Comparing these two pages is really interesting in the different prompts to
post and the different results. We'll integrate the two pages more deeply
soon.

------
pstinnett
Not sure the exact mechanics behind it, but it's pretty awesome to see the
growl notification of my space being increased almost immediately after
clicking the authorization buttons on this page. Just fits right in with
Dropbox being an incredible service.

------
marknutter
"I love Dropbox because I'm getting 128MB of space added to my account if I
say this."

------
jrnkntl
Authorized, followed @dropbox, told them why I loved it, posted about it & de-
authorized Twitter, easiest 512mb I made under 30 seconds.

Sidenote to Dropbox: Buy a SSL certificate that supports dropbox.com without
the www.

------
nkassis
256mb for logging on to facebook? PFFFT that's 5Gb minimum. I'm 2 months
without login in to Facebook now and this isn't enough to kill my downtime.

Increase the incentive ;p

------
DenisM
I just received an email from someone I barely knew, to use Dropbox.

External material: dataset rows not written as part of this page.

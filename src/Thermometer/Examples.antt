-- ===== src/Thermometer/Examples.antt =====
-- The theorems on the clock driver, at concrete values.
use embedded_basecamp.Prelude.{◌≡◌, [], ◌∷◌, map}
use embedded_basecamp.Prelude.Int.{pos}
use embedded_basecamp.Thermometer.{Bus, no_data, ds3231_probe, ds3231_remove}
use embedded_basecamp.Thermometer.Session.{
  time_file, temp_file, show_all, delivered, answer, bus_of, last_bus, show_all-remove,
}

abbrev bus : Bus
bus = λ r. pos 25

-- The temperature rises to 26, and the device is removed.
abbrev warmer : Bus
warmer = λ r. pos 26

show_all-remove_example :
    let (answers, d1) =
      show_all 70 (temp_file bus ∷ time_file warmer ∷ []) (ds3231_probe bus no_data).1 in
    let (stale, d2) = show_all 70 (temp_file bus ∷ []) (ds3231_remove d1).1 in
    (answers
      ≡ map (λ r. answer 70 r (delivered (bus_of r))) (temp_file bus ∷ time_file warmer ∷ []))
    × (stale
        ≡ map
            (λ r. answer 70 r (delivered (last_bus bus (temp_file bus ∷ time_file warmer ∷ []))))
            (temp_file bus ∷ []))
show_all-remove_example =
    show_all-remove 70 bus (temp_file bus ∷ time_file warmer ∷ []) (temp_file bus ∷ []) no_data
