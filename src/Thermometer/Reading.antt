-- ===== src/Thermometer/Reading.antt =====
-- What the clock driver shows and what it leaves registered.
use embedded_basecamp.Prelude.{
  ℕ, ◌+◌, ◌*◌, ◌/◌, ◌≤◌, ◌<◌, ◌≡◌, refl, Bool, true, false, arith, inl, inr, ◌⊎◌,
}
use embedded_basecamp.Prelude.Int.{pos, negsuc}
use embedded_basecamp.Thermometer.{
  reg_temp_h, Bus, Data, ds_read_data, ds_temp_show, fahrenheit_shown, unregistered, ds3231_init,
  ds3231_exit,
}

-- With a client, the byte t of the temperature register is shown in Fahrenheit as (18 t + 320) / 10,
-- rounded down.
pub ds_temp_show-fahrenheit :
    (bus : Bus) (d : Data) (t : ℕ)
    → d.drv_client ≡ true
    → bus reg_temp_h ≡ pos t
    → (f : ℕ) × ((ds_temp_show bus 70 d).0 ≡ fahrenheit_shown (pos f))
      × (10 * f ≤ 18 * t + 320)
      × (18 * t + 320 < 10 * f + 10)
unfolding ds_temp_show ds_read_data
ds_temp_show-fahrenheit bus d t on given =
    ((t * 18 + 320) / 10, rw (on, given) refl, omega arith, omega arith)

-- ds3231_init gives back nothing when it fails: an error leaves the driver registered unless its own
-- registration failed. When it succeeds, ds3231_exit gives all back.
pub ds3231_init-cases :
    (driver class time_file temp_file : Bool)
    → (((ds3231_init driver class time_file temp_file unregistered).0 ≡ pos 0)
        × (ds3231_exit (ds3231_init driver class time_file temp_file unregistered).1
            ≡ unregistered))
      ⊎ (((ds3231_init driver class time_file temp_file unregistered).0 ≡ negsuc 0)
          × ((ds3231_init driver class time_file temp_file unregistered).1.driver ≡ driver))
unfolding ds3231_init ds3231_exit
ds3231_init-cases false class time_file temp_file = inr (refl, refl)
ds3231_init-cases true false time_file temp_file = inr (refl, refl)
ds3231_init-cases true true false temp_file = inr (refl, refl)
ds3231_init-cases true true true false = inr (refl, refl)
ds3231_init-cases true true true true = inl (refl, refl)
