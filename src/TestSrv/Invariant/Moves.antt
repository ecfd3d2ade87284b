-- ===== src/TestSrv/Invariant/Moves.antt =====
-- The methods of src/nksrv/lib/nntp/testsrv/testsrv.go that select a group or move in it.
use nksrv.Base.{
  ℕ, ◌≡◌, refl, List, [], ◌∷◌, reverse, Option, none, some, Bytes, All, ◌⊎◌, inl, inr, Option-cases,
  Bool-cases, bytes_eq, ◌==◌, arith,
}
use mathlib.Core.Path.{subst}
use nksrv.Base.Int.{ℤ}
use nksrv.Nntp.Session.{ArticleKind}
use nksrv.TestSrv.Data.{
  Article, Group, Srv, article_at, lookup, GroupState, Sent, no_next, no_prev, Res,
}
use nksrv.TestSrv.Articles.{read_name, by_num, get_article_by_num}
use nksrv.TestSrv.Groups.{
  select_group, list_selected, new_group_state, select_and_list_group, first_number, first_above,
  first_below, moved, move, select_move, select_next_article, select_prev_article,
}

-- The group has an article of this number.
abbrev pub Has : Group → ℕ → Type 0
Has g n = (a : Article) × (article_at g.articles n ≡ some a)

-- Each number of the list of a group is that of an article.
abbrev pub IsListed : Group → Type 0
IsListed g = All (Has g) g.articles_sort

abbrev pub IsReady : Srv → Type 0
IsReady s1 = All (λ e. IsListed e.1) s1.groups

abbrev pub IsCurrent : ℕ → Option Group → Type 0
IsCurrent n none = n ≡ 0
IsCurrent n (some g) = IsListed g × ((n ≡ 0) ⊎ Has g n)

-- The current number is 0 or that of an article of the selected group.
abbrev pub IsSound : Option GroupState → Type 0
IsSound none = Unit
IsSound (some gs) = IsCurrent gs.number gs.g

-- A method panics, or leaves a sound state.
abbrev pub Sound : Option Res → Type 0
Sound none = Unit
Sound (some r) = IsSound r.gs

IsListed-lookup :
    (es : List (Bytes × Group)) (s : Bytes) (g : Group)
    → All (λ e. IsListed e.1) es
    → lookup es s ≡ some g
    → IsListed g
IsListed-lookup [] s g h e = absurd (ground arith)
IsListed-lookup ((k, g') ∷ es) s g (l, h) e = elim (Bool-cases (bytes_eq k s)) [
  | inl b ↦ subst (λ o. elim o [ none ↦ Unit | some g0 ↦ IsListed g0 ]) (rw b at e) l
  | inr b ↦ IsListed-lookup es s g h (rw b at e)
]

IsCurrent-first : (g : Group) → IsListed g → IsCurrent (first_number g.articles_sort) (some g)
IsCurrent-first g l = (l, first g.articles_sort l)
  where
    first : (ns : List ℕ) → All (Has g) ns → (first_number ns ≡ 0) ⊎ Has g (first_number ns)
    first [] h = inl refl
    first (n ∷ ns) (h, _) = inr h

pub Sound-select_group :
    (s1 : Srv) (gs : Option GroupState) (group : Bytes)
    → IsReady s1
    → IsSound gs
    → Sound (select_group s1 gs group)
unfolding select_group
Sound-select_group s1 gs group ready h = elim (Option-cases (lookup s1.groups group)) [
  | inl e ↦ rw (select_group, e) h
  | inr (g, e) ↦
      rw (select_group, e) (IsCurrent-first g (IsListed-lookup s1.groups group g ready e))
]

Sound-list_selected :
    (s1 : Srv) (gs : GroupState) (name : Bytes) (rmin rmax : ℤ)
    → IsReady s1
    → IsSound (some gs)
    → Sound (list_selected gs rmin rmax (lookup s1.groups name))
Sound-list_selected s1 gs name rmin rmax ready h = elim (Option-cases (lookup s1.groups name)) [
  | inl e ↦ rw e h
  | inr (g, e) ↦ rw e (IsCurrent-first g (IsListed-lookup s1.groups name g ready e))
]

pub Sound-select_and_list_group :
    (s1 : Srv) (now : Bytes → Bytes) (gs : Option GroupState) (name : Bytes) (rmin rmax : ℤ)
    → IsReady s1
    → IsSound gs
    → Sound (select_and_list_group s1 now gs name rmin rmax)
unfolding select_and_list_group
Sound-select_and_list_group s1 now none [] rmin rmax ready h = tt
Sound-select_and_list_group s1 now none (c ∷ name) rmin rmax ready h =
    Sound-list_selected s1 new_group_state (c ∷ name) rmin rmax ready refl
Sound-select_and_list_group s1 now (some gs) [] rmin rmax ready h =
    Sound-list_selected s1 gs (read_name now gs.group) rmin rmax ready h
Sound-select_and_list_group s1 now (some gs) (c ∷ name) rmin rmax ready h =
    Sound-list_selected s1 gs (c ∷ name) rmin rmax ready h

-- A number that has an article becomes the current one.
Sound-by_num_in :
    (kind : ArticleKind) (gs : GroupState) (n : ℕ) (o : Option Group)
    → gs.g ≡ o
    → IsCurrent gs.number o
    → Sound (by_num kind gs n (elim o [ none ↦ none | some g ↦ some (article_at g.articles n) ]))
Sound-by_num_in kind gs n none e h = tt
Sound-by_num_in kind gs n (some g) e h = elim (Option-cases (article_at g.articles n)) [
  | inl f ↦ rw (f, e) h
  | inr (a, f) ↦ rw (f, e) (h.0, inr (a, f))
]

pub Sound-by_num :
    (kind : ArticleKind) (gs : Option GroupState) (n : ℕ)
    → IsSound gs
    → Sound (get_article_by_num kind gs n)
unfolding get_article_by_num
Sound-by_num kind none n h = tt
Sound-by_num kind (some gs) n h = Sound-by_num_in kind gs n gs.g refl h

Sound-moved :
    (gs : GroupState) (g : Group) (otherwise : Sent) (n : Option ℕ)
    → gs.g ≡ some g
    → IsCurrent gs.number (some g)
    → Sound (moved gs g otherwise n)
Sound-moved gs g otherwise none e h = rw e h
Sound-moved gs g otherwise (some n) e h = elim (Option-cases (article_at g.articles n)) [
  | inl f ↦ rw f tt
  | inr (a, f) ↦ rw (f, e) (h.0, inr (a, f))
]

Sound-move_in :
    (find : ℕ → List ℕ → Option ℕ) (otherwise : Sent) (gs : GroupState) (o : Option Group)
    → gs.g ≡ o
    → IsCurrent gs.number o
    → Sound (move find otherwise gs o)
Sound-move_in find otherwise gs none e h = tt
Sound-move_in find otherwise gs (some g) e h =
    Sound-moved gs g otherwise (find gs.number g.articles_sort) e h

Sound-move :
    (find : ℕ → List ℕ → Option ℕ) (otherwise : Sent) (gs : Option GroupState)
    → IsSound gs
    → Sound (select_move find otherwise gs)
Sound-move find otherwise none h = tt
Sound-move find otherwise (some gs) h = elim (Bool-cases (gs.number == 0)) [
  | inl e ↦ rw (select_move, e) h
  | inr e ↦ rw (select_move, e) (Sound-move_in find otherwise gs gs.g refl h)
]

pub Sound-next : (gs : Option GroupState) → IsSound gs → Sound (select_next_article gs)
unfolding select_next_article
Sound-next gs h = Sound-move first_above no_next gs h

pub Sound-prev : (gs : Option GroupState) → IsSound gs → Sound (select_prev_article gs)
unfolding select_prev_article
Sound-prev gs h = Sound-move (λ x ns. first_below x (reverse ns)) no_prev gs h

He had no
business sending me this email, and by sending it on his behalf you put
yourself and him in this situation where both of you engage in sending SPAM.

I stopped short of clicking the "report spam" button, but it cost you some
amount of goodwill, so you lose either way. I will be a lot less likely now to
genuinely recommend your app to my friends.

------
kingkilr
Going to be another person to chime in to say Dropbox is awesome. I use it for
passing podcast recordings back and forth with my cohost (while we're
editing), as well as hosting and backing up arbitrary photos, HTML, and
presentations. I still have plenty of free space (thanks to awesome stuff like
this, and the 2x referrals for students), but when I hit my cap I'll have no
qualms about paying.

------
dstein
If anything, Dropbox isn't thinking big enough. They really need to start
thinking about how to provide a ubiquitous, multi-platform, private, cloud
filesystem. Stop encouraging people to "back up" their files, and start using
encouraging people to store the primary copy of all their files on Dropbox.

On Windows, Dropbox shows up as "My Documents/My Dropbox". When really "My
Documents" should be the dropbox.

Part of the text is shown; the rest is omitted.